------ Provided data

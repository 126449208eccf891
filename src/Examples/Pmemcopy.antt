-- ===== src/Examples/Pmemcopy.antt =====
-- The theorems on pmdk/rw_sep.c at concrete inputs.
use rw_sep.Prelude.{
  ℕ, ◌-◌, ◌*◌, ◌≡◌, refl, inl, inr, true, Bool-cases, Option, none, some, List, [], ◌∷◌, replicate,
  leb, ◌==◌, if◌then◌else◌, arith,
}
use rw_sep.Pmemcopy.{
  System, Phase, Exit, n_rw, test_loop, main, test, read_loop, write_loop, mixed_loop,
}
use rw_sep.Pmemcopy.Exhausted.{IsRegular, CopiesNothing, main_copies_nothing}
use rw_sep.Pmemcopy.Failures.{exit_code, after, main-exit_code}
use rw_sep.Pmemcopy.Chunks.{Chunk, Reads, locals, copy_all, last_or, test_copies}

-- A file is the number of bytes that are left, and a read leaves that number in the buffer. The
-- memory holds the last buffer of which something was copied.
abbrev read_some : ℕ → List ℕ → Option (ℕ × List ℕ × ℕ)
read_some left buf =
    if leb left 4096 then some (left, left ∷ [], 0) else some (4096, left ∷ [], left - 4096)

abbrev overwrite : List ℕ → List ℕ → ℕ → List ℕ
overwrite p buf n = if n == 0 then p else buf

abbrev small : (size : ℕ) → System
small size = record {
  File = ℕ;
  Pmem = List ℕ;
  open_rdonly = λ src. some size;
  pmem_map_file = λ dst. some ([], true);
  read = read_some;
  pmem_memcpy_persist = overwrite;
  memcpy = overwrite;
  pmem_msync = λ p n. p;
}

small-IsRegular : (size : ℕ) → IsRegular (small size) (λ f. f)
small-IsRegular size = record {
  reads = λ f buf. elim (Bool-cases (leb f 4096)) [
    | inl few ↦ (f, f ∷ [], 0, rw few refl, λ h. refl, λ h. ground arith, omega arith)
    | inr many ↦ (4096, f ∷ [], f - 4096, rw many refl, λ h. ground arith, λ h. refl, ground arith)
  ];
}

small-CopiesNothing : (size : ℕ) → CopiesNothing (small size)
small-CopiesNothing size = record {
  persist_none = λ p buf. refl;
  memcpy_none = λ p buf. refl;
  msync_keeps = λ p n. refl;
}

abbrev argv : List (List ℕ)
argv = (112 ∷ []) ∷ (115 ∷ []) ∷ (100 ∷ []) ∷ []

main_copies_nothing_example : main (small 5000) argv [] 7 ≡ Exit.exited 0 (some [])
main_copies_nothing_example =
    main_copies_nothing (small 5000) (λ f. f) (small-IsRegular 5000) (small-CopiesNothing 5000)
      (112 ∷ []) (115 ∷ []) (100 ∷ []) [] 7 5000 [] true refl refl (omega arith)

main-exit_code_example :
    exit_code (main (small 5000) argv [] 7)
    ≡ elim (after (small 5000) (test_loop * n_rw) 5000 []) [ none ↦ 1 | some _ ↦ 0 ]
main-exit_code_example =
    main-exit_code (small 5000) (112 ∷ []) (115 ∷ []) (100 ∷ []) [] 7 5000 [] true refl refl

abbrev first : List Chunk
first = (20000 ∷ [], 4096) ∷ (15904 ∷ [], 4096) ∷ []

abbrev second : List Chunk
second = (11808 ∷ [], 4096) ∷ (7712 ∷ [], 4096) ∷ []

test_copies_example :
    test (small 20000) 2 true (locals (small 20000) 20000 ([], 7) [])
    ≡ Phase.going (
        locals (small 20000) 3616 (last_or (last_or ([], 7) first) second) (
          copy_all
            (small 20000)
            true
            (copy_all (small 20000) true [] (replicate 2 (last_or ([], 7) first)))
            second))
test_copies_example =
    test_copies (small 20000) 2 true 20000 11808 3616 ([], 7) [] first second refl refl
      (Reads.and_more _ _ _ _ _ _ _ refl (Reads.and_more _ _ _ _ _ _ _ refl (Reads.no_more _ _)))
      (Reads.and_more _ _ _ _ _ _ _ refl (Reads.and_more _ _ _ _ _ _ _ refl (Reads.no_more _ _)))

-- Two reads before the first copy exhaust a file of 5000 bytes.
test_of_small :
    test (small 5000) 3 true (locals (small 5000) 5000 ([], 7) [])
    ≡ Phase.going (locals (small 5000) 0 (0 ∷ [], 0) [])
unfolding test read_loop write_loop mixed_loop
test_of_small = refl
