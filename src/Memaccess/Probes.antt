-- ===== src/Memaccess/Probes.antt =====
-- `cachefence`, `cacheprobe` and `imcprobe` of OptaneStudy/src/memaccess.c. A label and its `jl`
-- are a `do_while`.
pub mod Lines
pub mod Flushes
pub mod Fences
pub mod Batches
use rw_sep.Prelude.{ℕ, Option, List, [], ◌∷◌}
use rw_sep.Prelude.Loops.{do_while, ◌>>=◌}
use rw_sep.Machine.{Instr, Reg, Src, Addr, Cpu, block, signed_ltb}
use rw_sep.Memaccess.Stride.{load_zmm0}

-- `0x0(%%r8)` and `0x40(%%r8)`.
abbrev pub at_r8 : ℕ → Addr
at_r8 d = Addr.based d (Src.reg Reg.r8)

unfoldable pub cacheprobe_body : (stride : ℕ) → List Instr
cacheprobe_body stride =
    Instr.vmovdqa_store 8 0 (at_r8 0x0)
    ∷ Instr.clflush (at_r8 0x0)
    ∷ Instr.vmovdqa_store 8 0 (at_r8 0x40)
    ∷ Instr.clflush (at_r8 0x40)
    ∷ Instr.add Reg.r8 (Src.imm stride)
    ∷ []

unfoldable pub cacheprobe : ℕ → (start_addr end_addr stride : ℕ) → Cpu → Option Cpu
cacheprobe fuel start_addr end_addr stride c =
    block (Instr.mov Reg.r8 (Src.imm start_addr) ∷ load_zmm0 start_addr) c
    >>= do_while fuel (block (cacheprobe_body stride)) (λ c'. signed_ltb c'.r8 end_addr)
    >>= block (Instr.mfence ∷ [])

unfoldable pub imcprobe_body : List Instr
imcprobe_body = Instr.vmovnt_store 8 0 (at_r8 0x0) ∷ Instr.add Reg.r8 (Src.imm 0x40) ∷ []

-- LOOP2_IMCPROBE and what leads to it.
unfoldable pub imcprobe_inner : ℕ → (start_addr end_addr : ℕ) → Cpu → Option Cpu
imcprobe_inner fuel start_addr end_addr c =
    block (Instr.mov Reg.r8 (Src.imm start_addr) ∷ []) c
    >>= do_while fuel (block imcprobe_body) (λ c'. signed_ltb c'.r8 end_addr)

unfoldable pub imcprobe : ℕ → (start_addr end_addr loop : ℕ) → Cpu → Option Cpu
imcprobe fuel start_addr end_addr loop c =
    block (Instr.clear Reg.r9 ∷ load_zmm0 start_addr) c
    >>= do_while fuel
        (λ c'.
          imcprobe_inner fuel start_addr end_addr c' >>= block (Instr.add Reg.r9 (Src.imm 1) ∷ []))
        (λ c'. signed_ltb c'.r9 loop)

-- `leaq (%[start_addr], %%r9), …`.
abbrev pub start_r9 : ℕ → Addr
start_r9 start_addr = Addr.indexed 0 (Src.imm start_addr) Reg.r9 1

-- CACHEFENCE_WRITEONE.
unfoldable pub write_one : (start_addr : ℕ) → List Instr
write_one start_addr =
    Instr.vmovdqa_store 8 0 (start_r9 start_addr)
    ∷ Instr.add Reg.r9 (Src.imm 0x40)
    ∷ Instr.add Reg.r10 (Src.imm 0x40)
    ∷ Instr.add Reg.r11 (Src.imm 0x40)
    ∷ []

-- CACHEFENCE_FLUSHONE.
unfoldable pub flush_one : List Instr
flush_one = Instr.clwb (Addr.based 0 (Src.reg Reg.rdx)) ∷ Instr.add Reg.rdx (Src.imm 0x40) ∷ []

-- CACHEFENCE_FLUSHBEGIN: one batch of writes and their flushes.
unfoldable pub flush_begin : ℕ → (start_addr cache : ℕ) → Cpu → Option Cpu
flush_begin fuel start_addr cache c =
    block (Instr.clear Reg.r10 ∷ Instr.lea (start_r9 start_addr) Reg.rdx ∷ []) c
    >>= do_while fuel (block (write_one start_addr)) (λ c'. signed_ltb c'.r10 cache)
    >>= block (Instr.lea (start_r9 start_addr) Reg.rcx ∷ [])
    >>= do_while fuel (block flush_one) (λ c'. signed_ltb c'.rdx c'.rcx)

-- CACHEFENCE_FENCEBEGIN: batches until r11 reaches `fence`, and CACHEFENCE_FENCE.
unfoldable pub fence_begin : ℕ → (start_addr cache fence : ℕ) → Cpu → Option Cpu
fence_begin fuel start_addr cache fence c =
    block (Instr.clear Reg.r11 ∷ []) c
    >>= do_while fuel (flush_begin fuel start_addr cache) (λ c'. signed_ltb c'.r11 fence)
    >>= block (Instr.sfence ∷ [])

unfoldable pub cachefence : ℕ → (start_addr size cache fence : ℕ) → Cpu → Option Cpu
cachefence fuel start_addr size cache fence c =
    block (load_zmm0 start_addr) c
    >>= block (Instr.clear Reg.r9 ∷ [])
    >>= do_while fuel (fence_begin fuel start_addr cache fence) (λ c'. signed_ltb c'.r9 size)
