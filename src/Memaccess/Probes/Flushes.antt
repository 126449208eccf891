-- ===== src/Memaccess/Probes/Flushes.antt =====
-- What one batch of `cachefence` of OptaneStudy/src/memaccess.c accesses: its stores, and then the
-- flushes of the same lines.
use rw_sep.Prelude.{
  ℕ, zero, suc, ◌+◌, ◌-◌, ◌*◌, ◌/◌, ◌^◌, ◌≤◌, ◌<◌, some, List, [], ◌∷◌, ◌++◌, ◌≡◌, refl, ap, ◌∙◌,
  sym, append-nil, append_assoc, concat_upto, arith,
}
use rw_sep.Prelude.Loops.{iterate, do_while-iterate}
use rw_sep.Machine.{Instr, Reg, Event, Cpu, run, block, signed_ltb}
use rw_sep.Machine.Words.{signed_ltb-true, signed_ltb-false}
use rw_sep.Memaccess.Rounds.{pieces}
use rw_sep.Memaccess.Advance.{store_line}
use rw_sep.Memaccess.Probes.{start_r9, write_one, flush_one, flush_begin}

abbrev pub clwb_line : ℕ → List Event
clwb_line a = Event.clwb a ∷ []

-- One batch from address `p` up: `k` lines are stored, and then flushed.
abbrev pub batch : (k p : ℕ) → List Event
batch k p =
    concat_upto (λ j. store_line (p + 64 * j)) k ++ concat_upto (λ j. clwb_line (p + 64 * j)) k

-- After `k` rounds of CACHEFENCE_WRITEONE.
write_one_lem :
    (start_addr : ℕ) (c : Cpu)
    → c.r10 ≡ 0
    → (k : ℕ) → start_addr + c.r9 + 64 * k < 2 ^ 64
    → c.r11 + 64 * k < 2 ^ 64
    → ((iterate (run (write_one start_addr)) k c).r10 ≡ 64 * k)
      × ((iterate (run (write_one start_addr)) k c).r9 ≡ c.r9 + 64 * k)
      × ((iterate (run (write_one start_addr)) k c).r11 ≡ c.r11 + 64 * k)
      × ((iterate (run (write_one start_addr)) k c).rdx ≡ c.rdx)
      × ((iterate (run (write_one start_addr)) k c).trace
          ≡ c.trace ++ concat_upto (λ j. store_line (start_addr + c.r9 + 64 * j)) k)
unfolding iterate concat_upto run write_one
write_one_lem start_addr c z zero fits fits' =
    (z, omega arith, omega arith, refl, sym (append-nil c.trace))
write_one_lem start_addr c z (suc k) fits fits' =
    let before = write_one_lem start_addr c z k (omega arith) (omega arith) in
    (
      omega (arith, before.0),
      omega (arith, before.1),
      omega (arith, before.2),
      before.3,
      ap (λ a. (iterate (run (write_one start_addr)) k c).trace ++ store_line a)
            (omega (arith, before.1))
          ∙ ap (λ es. es ++ store_line (start_addr + c.r9 + 64 * k)) before.4
          ∙ append_assoc c.trace _ _,
    )

-- After `k` rounds of CACHEFENCE_FLUSHONE.
flush_one_lem :
    (c : Cpu) (k : ℕ)
    → c.rdx + 64 * k < 2 ^ 64
    → ((iterate (run flush_one) k c).rdx ≡ c.rdx + 64 * k)
      × ((iterate (run flush_one) k c).rcx ≡ c.rcx)
      × ((iterate (run flush_one) k c).r9 ≡ c.r9)
      × ((iterate (run flush_one) k c).r11 ≡ c.r11)
      × ((iterate (run flush_one) k c).trace
          ≡ c.trace ++ concat_upto (λ j. clwb_line (c.rdx + 64 * j)) k)
unfolding iterate concat_upto run flush_one
flush_one_lem c zero fits = (omega arith, refl, refl, refl, sym (append-nil c.trace))
flush_one_lem c (suc k) fits =
    let before = flush_one_lem c k (omega arith) in
    (
      omega (arith, before.0),
      before.1,
      before.2,
      before.3,
      ap (λ a. (iterate (run flush_one) k c).trace ++ clwb_line a) (omega (arith, before.0))
          ∙ ap (λ es. es ++ clwb_line (c.rdx + 64 * k)) before.4
          ∙ append_assoc c.trace _ _,
    )

-- The bytes of one batch.
abbrev pub span : (cache : ℕ) → ℕ
span cache = 64 * pieces cache

module _ (fuel start_addr cache : ℕ) (some_cache : 0 < cache) (cache_fuel : cache < fuel) where
  pub flush_begin_lem :
      (c : Cpu)
      → start_addr + c.r9 + cache + 64 ≤ 2 ^ 63
      → c.r11 + cache + 64 ≤ 2 ^ 63
      → (c' : Cpu) × (flush_begin fuel start_addr cache c ≡ some c')
        × (c'.r9 ≡ c.r9 + span cache)
        × (c'.r11 ≡ c.r11 + span cache)
        × (c'.trace ≡ c.trace ++ batch (pieces cache) (start_addr + c.r9))
  unfolding flush_begin run write_one flush_one iterate
  flush_begin_lem c fits fits' =
      let n : ℕ = (cache - 1) / 64 in
      let c0 = run (Instr.clear Reg.r10 ∷ Instr.lea (start_r9 start_addr) Reg.rdx ∷ []) c in
      let written = write_one_lem start_addr c0 refl in
      let w = written (suc n) (omega arith) (omega arith) in
      let c1 = iterate (run (write_one start_addr)) (suc n) c0 in
      let c2 = run (Instr.lea (start_r9 start_addr) Reg.rcx ∷ []) c1 in
      let from : c2.rdx ≡ start_addr + c.r9 = w.3 ∙ omega arith in
      let to : c2.rcx ≡ start_addr + c.r9 + span cache = omega (arith, w.1) in
      let flushed = flush_one_lem c2 in
      let f = flushed (suc n) (omega (arith, from)) in
      (
        iterate (run flush_one) (suc n) c2,
        rw
            (do_while-iterate (block (write_one start_addr)) (run (write_one start_addr))
              (λ t. signed_ltb t.r10 cache) c0 n (λ t. refl)
              (λ j h.
                rw ((written (suc j) (omega arith) (omega arith)).0)
                  (signed_ltb-true (64 * suc j) cache (omega arith) (omega arith)))
              (rw w.0 (signed_ltb-false (64 * suc n) cache (omega arith) (omega arith))) fuel
              (omega arith))
            (do_while-iterate (block flush_one) (run flush_one) (λ t. signed_ltb t.rdx t.rcx) c2 n
              (λ t. refl)
              (λ j h.
                let g = flushed (suc j) (omega (arith, from)) in
                rw (g.0, g.1)
                  (signed_ltb-true (c2.rdx + 64 * suc j) c2.rcx (omega (arith, from, to))
                    (omega (arith, to))))
              (rw (f.0, f.1)
                (signed_ltb-false (c2.rdx + 64 * suc n) c2.rcx (omega (arith, from, to))
                  (omega (arith, from))))
              fuel (omega arith)),
        f.2 ∙ w.1,
        f.3 ∙ w.2,
        f.4
            ∙ ap (λ (p : ℕ). c2.trace ++ concat_upto (λ j. clwb_line (p + 64 * j)) (suc n)) from
            ∙ ap (λ es. es ++ concat_upto (λ j. clwb_line (start_addr + c.r9 + 64 * j)) (suc n)) w.4
            ∙ append_assoc c.trace _ _,
      )
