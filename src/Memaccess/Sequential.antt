-- ===== src/Memaccess/Sequential.antt =====
-- `seq_load`, `seq_store`, `seq_clwb` and `seq_nt` of OptaneStudy/src/memaccess.c. Their assembly
-- is one text but for the accesses and the loading of zmm0, so it is written once, over these.
pub mod Sweeps
pub mod Kernels
use rw_sep.Prelude.{ℕ, Option, List, [], ◌∷◌}
use rw_sep.Prelude.Loops.{do_while, ◌>>=◌}
use rw_sep.Machine.{Instr, Reg, Src, Addr, Cpu, block, signed_ltb}
use rw_sep.Memaccess.Stride.{load_zmm0}

-- `disp(%%r9, %%r8)`.
abbrev pub seq_piece : Addr
seq_piece = Addr.indexed 0x0 (Src.reg Reg.r9) Reg.r8 1

-- The inner loop of the `seq_` functions, whose accesses to one piece are `access`.
unfoldable pub seq_inner : ℕ → List Instr → ℕ → Cpu → Option Cpu
seq_inner fuel access size c =
    block (Instr.clear Reg.r8 ∷ []) c
    >>= do_while fuel (λ c'. block access c' >>= block (Instr.add Reg.r8 (Src.imm 0x40) ∷ []))
        (λ c'. signed_ltb c'.r8 size)

unfoldable pub seq_loop :
    ℕ → List Instr → List Instr → (start_addr end_addr size : ℕ) → Cpu → Option Cpu
seq_loop fuel prologue access start_addr end_addr size c =
    block (Instr.mov Reg.r9 (Src.imm start_addr) ∷ prologue) c
    >>= do_while fuel
        (λ c'. seq_inner fuel access size c' >>= block (Instr.add Reg.r9 (Src.imm size) ∷ []))
        (λ c'. signed_ltb c'.r9 end_addr)

unfoldable pub seq_load : ℕ → (start_addr end_addr size : ℕ) → Cpu → Option Cpu
seq_load fuel start_addr end_addr size =
    seq_loop fuel [] (Instr.vmovntdqa 8 seq_piece 0 ∷ []) start_addr end_addr size

unfoldable pub seq_store : ℕ → (start_addr end_addr size : ℕ) → Cpu → Option Cpu
seq_store fuel start_addr end_addr size =
    seq_loop fuel (load_zmm0 start_addr)
      (Instr.vmovdqa_store 8 0 seq_piece ∷ Instr.clwb seq_piece ∷ []) start_addr end_addr size

unfoldable pub seq_clwb : ℕ → (start_addr end_addr size : ℕ) → Cpu → Option Cpu
seq_clwb fuel start_addr end_addr size =
    seq_loop fuel (load_zmm0 start_addr)
      (Instr.vmovdqa_store 8 0 seq_piece ∷ Instr.clwb seq_piece ∷ []) start_addr end_addr size

unfoldable pub seq_nt : ℕ → (start_addr end_addr size : ℕ) → Cpu → Option Cpu
seq_nt fuel start_addr end_addr size =
    seq_loop fuel (load_zmm0 start_addr) (Instr.vmovnt_store 8 0 seq_piece ∷ []) start_addr end_addr
      size
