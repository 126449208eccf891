-- ===== src/Memaccess/Sequential/Sweeps.antt =====
-- The two loops of the `seq_` kernels of OptaneStudy/src/memaccess.c, over any accesses.
use rw_sep.Prelude.{
  ℕ, zero, suc, ◌+◌, ◌-◌, ◌*◌, ◌/◌, ◌^◌, ◌≤◌, ◌<◌, some, List, [], ◌∷◌, ◌++◌, ◌≡◌, refl, ap, ◌∙◌,
  sym, append-nil, append_assoc, concat_upto, arith,
}
use native.Mathlib.Nat.{mul-le-mul_left, lt-mul-div-succ, div-mul-le_self, div-le_self, mul_comm}
use rw_sep.Prelude.Loops.{iterate, do_while-iterate, ◌>>=◌}
use rw_sep.Machine.{Instr, Reg, Src, Event, Cpu, add64, run, block, signed_ltb}
use rw_sep.Machine.Words.{signed_ltb-true, signed_ltb-false}
use rw_sep.Memaccess.Rounds.{Traces, pieces}
use rw_sep.Memaccess.Sequential.{seq_inner, seq_loop}

-- What the accesses to one piece do: events `evs` at address r9 + r8.
pub record Touched (evs : ℕ → List Event) (c c' : Cpu) : Type 0 where
  pub r8 : c'.r8 ≡ c.r8
  pub r9 : c'.r9 ≡ c.r9
  pub trace : c'.trace ≡ c.trace ++ evs (add64 c.r9 c.r8)

-- The events of one inner loop from address `a` up.
abbrev pub chunk : (ℕ → List Event) → (size a : ℕ) → List Event
chunk evs size a = concat_upto (λ j. evs (add64 a (64 * j))) (pieces size)

-- How many rounds the outer loop makes.
abbrev pub chunks : (start_addr end_addr size : ℕ) → ℕ
chunks start_addr end_addr size = suc ((end_addr - start_addr - 1) / size)

-- The rounds reach `end_addr`, and not earlier.
pub reaches_end :
    (size span : ℕ)
    → 0 < size
    → 0 < span
    → (span ≤ size * suc ((span - 1) / size))
      × (size * suc ((span - 1) / size) < span + size)
      × ((j : ℕ) → j < (span - 1) / size → size * suc j < span)
reaches_end size span pos some_span =
    let high = lt-mul-div-succ (span - 1) pos in
    let low = div-mul-le_self (span - 1) size in
    let turned = mul_comm size ((span - 1) / size) in
    (
      omega (arith, high),
      omega (arith, low, turned),
      λ j h.
          let below : size * suc j ≤ size * ((span - 1) / size) =
            mul-le-mul_left size (omega arith) in
          omega (arith, below, low, turned),
    )

module _ (access : List Instr) (evs : ℕ → List Event)
    (touches : (c : Cpu) → Touched evs c (run access c)) (fuel size : ℕ)
    (size_fits : size ≤ 2 ^ 63 - 64) (size_fuel : size < fuel) where
  abbrev advance : Cpu → Cpu
  advance c = let c' = run access c in record c' { r8 = add64 c'.r8 0x40 }

  abbrev cleared : Cpu → Cpu
  cleared c = record c { r8 = 0 }

  -- After `k` pieces.
  pieces_lem :
      (c : Cpu) (k : ℕ)
      → 64 * k < 2 ^ 64
      → ((iterate advance k (cleared c)).r8 ≡ 64 * k)
        × ((iterate advance k (cleared c)).r9 ≡ c.r9)
        × ((iterate advance k (cleared c)).trace
            ≡ c.trace ++ concat_upto (λ j. evs (add64 c.r9 (64 * j))) k)
  unfolding iterate concat_upto
  pieces_lem c zero fits = (omega arith, refl, sym (append-nil c.trace))
  pieces_lem c (suc k) fits =
      let before = pieces_lem c k (omega arith) in
      let last = touches (iterate advance k (cleared c)) in
      (
        omega (arith, last.r8, before.0),
        last.r9 ∙ before.1,
        last.trace ∙ rw (before.2, before.1, before.0) (append_assoc c.trace _ _),
      )

  abbrev swept : Cpu → Cpu
  swept c = iterate advance (pieces size) (cleared c)

  seq_inner_lem : (c : Cpu) → seq_inner fuel access size c ≡ some (swept c)
  unfolding seq_inner run
  seq_inner_lem c =
      let n : ℕ = (size - 1) / 64 in
      do_while-iterate (λ c'. block access c' >>= block (Instr.add Reg.r8 (Src.imm 0x40) ∷ []))
        advance (λ c'. signed_ltb c'.r8 size) (cleared c) n (λ t. refl)
        (λ j h.
          rw ((pieces_lem c (suc j) (omega arith)).0)
            (signed_ltb-true (64 * suc j) size (omega arith) (omega arith)))
        (rw ((pieces_lem c (suc n) (omega arith)).0)
          (signed_ltb-false (64 * suc n) size (omega arith) (omega arith)))
        fuel (omega arith)

  abbrev onward : Cpu → Cpu
  onward c = record (swept c) { r9 = add64 (swept c).r9 size }

  -- After `k` rounds from `a`.
  rounds_lem :
      (a : ℕ) (c : Cpu)
      → c.r9 ≡ a
      → (k : ℕ) → a + size * k < 2 ^ 64
      → ((iterate onward k c).r9 ≡ a + size * k)
        × ((iterate onward k c).trace
            ≡ c.trace ++ concat_upto (λ i. chunk evs size (a + size * i)) k)
  unfolding iterate concat_upto
  rounds_lem a c here zero fits = (omega (arith, here), sym (append-nil c.trace))
  rounds_lem a c here (suc k) fits =
      let before = rounds_lem a c here k (omega arith) in
      let last = pieces_lem (iterate onward k c) (pieces size) (omega arith) in
      (
        omega (arith, last.1, before.0),
        last.2
            ∙ ap (λ r. (iterate onward k c).trace ++ chunk evs size r) before.0
            ∙ ap (λ es. es ++ chunk evs size (a + size * k)) before.1
            ∙ append_assoc c.trace _ _,
      )

  pub seq_loop-Traces :
      (prologue : List Instr) (start_addr end_addr : ℕ) (c : Cpu)
      → ((run (Instr.mov Reg.r9 (Src.imm start_addr) ∷ prologue) c).r9 ≡ start_addr)
      → ((run (Instr.mov Reg.r9 (Src.imm start_addr) ∷ prologue) c).trace ≡ c.trace)
      → 0 < size
      → start_addr < end_addr
      → end_addr + size ≤ 2 ^ 63
      → end_addr - start_addr < fuel
      → Traces (seq_loop fuel prologue access start_addr end_addr size c) c (
          concat_upto
            (λ i. chunk evs size (start_addr + size * i))
            (chunks start_addr end_addr size))
  unfolding seq_loop
  seq_loop-Traces prologue start_addr end_addr c here old pos order fits enough =
      let c0 = run (Instr.mov Reg.r9 (Src.imm start_addr) ∷ prologue) c in
      let span : ℕ = end_addr - start_addr in
      let n : ℕ = (span - 1) / size in
      let r = reaches_end size span pos (omega arith) in
      let few = div-le_self (span - 1) size in
      let final = rounds_lem start_addr c0 here (suc n) (omega (arith, r.1)) in
      (
        iterate onward (suc n) c0,
        do_while-iterate
            (λ c'. seq_inner fuel access size c' >>= block (Instr.add Reg.r9 (Src.imm size) ∷ []))
            onward (λ c'. signed_ltb c'.r9 end_addr) c0 n
            (λ t. rw (seq_inner_lem t) (unfold run in refl))
            (λ j h.
              let short = r.2 j h in
              rw ((rounds_lem start_addr c0 here (suc j) (omega (arith, short))).0) (
                signed_ltb-true (start_addr + size * suc j) end_addr (omega (arith, short))
                  (omega arith)))
            (rw final.0 (
              signed_ltb-false (start_addr + size * suc n) end_addr (omega (arith, r.0))
                (omega (arith, r.1))))
            fuel (omega (arith, few)),
        final.1
            ∙ ap
                (λ es.
                  es
                  ++ concat_upto (λ i. chunk evs size (start_addr + size * i))
                      (chunks start_addr end_addr size))
                old,
      )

------------

▶ What you are asked to do: Respond with one number, namely the count of lines in the entries above that hold the word "swept".

▶ Exercise solution: 4